For the first time, in one month we captured two leaders of human smuggling gangs. That’s never happened before. But we had to close our migration office because it was full of people working for the organized criminals. And now, we have created a new office that is producing important results. But equally, Honduras can put forth the effort, and we’ll continue doing it because we want to resolve the problem. But the problem is of such magnitude, that we need the U.S. to understand that this is a shared responsibility, but differentiated, and at the same time, that leaders in Washington understand this: If Central America lives in peace, if Central America reduces violence caused by drugs, if it’s a place of opportunity, it will be a great investment for the United States and there won’t be any more cost.

Q: Can you ensure that Hondurans deported back to your country will be treated safely and that people deported back to your country will get economic, education and health services if they come back?

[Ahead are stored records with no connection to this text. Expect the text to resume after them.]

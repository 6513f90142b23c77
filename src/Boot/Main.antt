-- ===== src/Boot/Main.antt =====
-- `kernel_main` from the boot loader to the shell.
use stak_os.Base.{ℕ, ◌≡◌, ◌≢◌, refl, ◌∙◌, none, some, List, [], ◌∷◌, ne→==}
use stak_os.Base.Run.{done}
use stak_os.Base.Text.{text}
use stak_os.Scheduler.{scheduler_init}
use stak_os.Scheduler.Lists.{IsSched}
use stak_os.Scheduler.Run.{scheduler_init-IsSched}
use stak_os.RamFs.{RamFile, ramfs_init, ramfs_register}
use stak_os.Interrupt.{pit_report}
use stak_os.Pmm.Map.{Tag}
use stak_os.Kernel.{Kernel}
use stak_os.Kernel.Create.{process_init}
use stak_os.Kernel.Print.{lit}
use stak_os.Kernel.Print.Said.{say-done}
use stak_os.Boot.{
  Links, Machine, multiboot2_magic, report, banner, init_tables, init_processes, init_files,
  init_kernel, running_machine, kernel_main,
}
use stak_os.Boot.Start.{IsLoaded, HasMemory, init_memory_lem}

-- The kernel at the call of `shell_run`.
pub record IsStarted (l : Links) (mboot_ptr : ℕ) (ts : List Tag) (k : Kernel) : Type 0 where
  pub memory : HasMemory l mboot_ptr ts k.mem k.heap k.pmm
  pub lists : IsSched k.sched (l.image.idle_pcb ∷ []) []

module _ (l : Links) (mboot_ptr : ℕ) (ts : List Tag) (idle : l.image.idle_pcb ≢ 0) where
  init_processes_lem :
      (k : Kernel)
      → HasMemory l mboot_ptr ts k.mem k.heap k.pmm
      → k.sched.zombie_head ≡ 0
      → (k' : Kernel) × (init_processes l k ≡ done k') × IsStarted l mboot_ptr ts k'
  unfolding init_processes process_init
  init_processes_lem k v z =
      let k1 : Kernel = process_init l.image k in
      let (w1, e1) =
        say-done k1 (report (lit "[OK] Process subsystem initialized (idle PID=0)\n")) in
      let k2 : Kernel = record k1 { screen = w1; sched = scheduler_init k1.sched } in
      let (w2, e2) =
        say-done k2 (report (lit "[OK] Scheduler initialized (round-robin + priority)\n")) in
      (
        record k2 { screen = w2 },
        rw (init_processes, e1) e2,
        record {
          memory = v;
          lists = rw (ne→== l.image.idle_pcb 0 idle) at (scheduler_init-IsSched k1.sched z);
        },
      )

  init_files-IsStarted :
      (k : Kernel) → IsStarted l mboot_ptr ts k → IsStarted l mboot_ptr ts (init_files l k)
  unfolding init_files
  init_files-IsStarted k v =
      let started : (files : List RamFile) → IsStarted l mboot_ptr ts (record k { files = files }) =
        λ files. record { memory = v.memory; lists = v.lists } in
      let files = ramfs_init k.files in
      elim (ramfs_register files (text "test.elf") l.test_prog_blob l.test_prog_blob_size)
        as (λ o. IsStarted l mboot_ptr ts (elim o [
          | none ↦ record k { files = files }
          | some (i, registered) ↦ record k { files = registered }
        ])) [ none ↦ started files | some (i, registered) ↦ started registered ]

  init_kernel-IsStarted :
      (k : Kernel)
      → IsLoaded l mboot_ptr ts k.mem k.heap k.pmm
      → k.sched.zombie_head ≡ 0
      → (k' : Kernel) × (init_kernel l k mboot_ptr ≡ done k') × IsStarted l mboot_ptr ts k'
  unfolding init_kernel
  init_kernel-IsStarted k v z =
      let (w1, e1) = say-done k banner in
      let (k2, e2, memory, rest) = init_memory_lem l (record k { screen = w1 }) mboot_ptr ts v in
      let (k3, e3, started) = init_processes_lem k2 memory (rest.zombies ∙ z) in
      let (w4, e4) = say-done k3 (pit_report 100) in
      (
        init_files l (record k3 { screen = w4 }),
        rw (init_kernel, e1, e2, e3, e4) refl,
        init_files-IsStarted (record k3 { screen = w4 })
            (record { memory = started.memory; lists = started.lists }),
      )

  -- Loaded by a Multiboot2 loader whose memory map lists at most 100,000 tags and entries, with the
  -- statics at 0 and the tables of paging.c inside the kernel, and with fuel for the tags, `kernel_main`
  -- reaches the shell: the heap is well formed, the counter of the frames is that of the bitmap or ahead
  -- of it, a free frame is available by the memory map and outside the kernel, addresses below 32 MB
  -- are mapped to themselves, and the idle process is alone in the ready queue.
  pub kernel_main-IsStarted :
      (m : Machine)
      → IsLoaded l mboot_ptr ts m.kernel.mem m.kernel.heap m.kernel.pmm
      → m.kernel.sched.zombie_head ≡ 0
      → (m' : Machine) × (kernel_main l m multiboot2_magic mboot_ptr ≡ done m')
        × IsStarted l mboot_ptr ts m'.kernel
  unfolding kernel_main init_tables
  kernel_main-IsStarted m v z =
      let m1 : Machine = init_tables l m in
      let (k, e, started) = init_kernel-IsStarted m1.kernel v z in
      (running_machine m1 k, rw (kernel_main, e) refl, started)
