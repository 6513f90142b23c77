-- ===== src/Pmm/Sample.antt =====
-- For tests: a frame allocator of which frame 8 alone is free, and the memory of a boot loader.
use stak_os.Base.{List, [], ◌==◌, if◌then◌else◌, ◌≡◌, refl, ◌∷◌, replicate, arith}
use stak_os.Memory.{Mem, load32}
use stak_os.Pmm.{Pmm, frame_test}
use stak_os.Pmm.Map.{Tag, memory_map, AreTags}
use stak_os.Pmm.Alloc.{IsValid, count_free}

abbrev pub sample_pmm : Pmm
sample_pmm = record {
  bitmap = 0xFFFF_FEFF ∷ replicate 1023 0xFFFF_FFFF;
  total_frames = 1;
  free_frames = 1;
}

one_free_frame : count_free sample_pmm.bitmap 32768 ≡ 1
unfolding count_free frame_test
one_free_frame = refl

pub sample_pmm-IsValid : IsValid 0 sample_pmm
sample_pmm-IsValid = record {
  words = refl;
  counted = omega (arith, one_free_frame);
  room = omega arith;
}

pub zero_used : frame_test sample_pmm.bitmap 0 ≡ 1
unfolding frame_test
zero_used = refl

pub eight_free : frame_test sample_pmm.bitmap 8 ≡ 0
unfolding frame_test
eight_free = refl

-- The information at 4096 has a memory map with 8 MB from address 0 on.
abbrev pub sample_info : Mem
sample_info a =
    if a == 4104
    then 6
    else if a == 4108
    then 40
    else if a == 4112
    then 24
    else if a == 4130
    then 128
    else if a == 4136
    then 1
    else 0

abbrev pub sample_tags : List Tag
sample_tags = memory_map (record { base = 0; len = 8_388_608; kind = 1 } ∷ []) ∷ []

pub sample_info-AreTags : AreTags sample_info 4104 sample_tags
unfolding load32
sample_info-AreTags = (
  (
    refl,
    omega arith,
    refl,
    (record { has_base = refl; has_len = refl; has_kind = refl; in_reach = omega arith }, tt),
  ),
  omega arith,
  refl,
)
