-- ===== src/Kernel/Sample.antt =====
-- A kernel for tests: one free frame, an empty heap, and the processes at 100 (running) and 200 in the
-- queue.
use stak_os.Base.{[], ◌∷◌, ◌==◌, if◌then◌else◌}
pub use stak_os.Pmm.Sample.{sample_pmm}
use stak_os.Process.{running, ready, Procs}
use stak_os.Scheduler.{Sched}
use stak_os.Kernel.{Kernel}
use stak_os.Kernel.Create.{zeroed}

abbrev sample_procs : Procs
sample_procs p =
    if p == 100
    then record zeroed { pid = 1; state = running; priority = 5; next = 200 }
    else record zeroed { pid = 2; state = ready; priority = 5 }

abbrev pub sample_sched : Sched
sample_sched = record {
  procs = sample_procs;
  queue_head = 100;
  queue_tail = 200;
  queue_size = 2;
  zombie_head = 0;
  current_process = 100;
  esp0 = 0;
  esp = 0;
  cr3 = 0;
}

abbrev pub sample_kernel : Kernel
sample_kernel = record {
  mem = λ a. 0;
  pmm = sample_pmm;
  heap = record { heap_start = 0; heap_total_bytes = 0 };
  kernel_pd = 0;
  sched = sample_sched;
  proc_table = 100 ∷ 200 ∷ [];
  next_pid = 3;
  files = [];
  screen = record { vga_buf = λ i. 0; vga_row = 0; vga_col = 0; vga_color = 7 };
  tick_count = 4_294_967_295;
}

Hernandez: I would like to invite you to come so that you can see our central attention facility that we have. They arrive with pain in their broken hearts, but also these are people that are in debt with the coyotes (human traffickers) before coming here, they sold everything.

So we receive them, we give them spiritual guidance with help from the church. We explain to them the opportunities they have with the social welfare programs we offer. We give them economic support when we know for sure that they will return to their homes, and if not, we’ll help them for a little bit. But we also explain why it’s not a good idea that they try to go back [to the United States].

Question: And why isn’t a good idea?

Hernandez: Because of the big risk and danger of everything. I think that the people who don’t know those areas, don’t know all the risks of the migration routes, and don’t realize that they’ll live their life that way, on the lookout for your son. Many children are lost along the way.

Question: So your government is telling people not to go? That it’s dangerous?

Hernandez: We have a public campaign, using our resources, like one we’ve never had before telling people why it’s not a good idea. And to make sure that they don’t get fooled by the coyotes.

And this is something that I hope you can help me with – because you guys know some of the American leaders: There’s been some ambiguity, an absence of clarity in the political debate about immigration politics about the benefit of the coyotes, and how they say to families that they can bring their children here. Or that if they come with a kid in their hands, a kid without parents here, they can get in. So we need to make sure that every Honduran and every Central American understands the reality. But it needs to be clear. Honduras also launched an international conference in Tegucigalpa to dig deeper into this topic. The United Nations, UNICEF, the OAS, CELAC, CICA, Europe, there also people from here, from the U.S., a lot of people came. And these efforts will help us, so the magnitude of the problem is understood, and decision can be made.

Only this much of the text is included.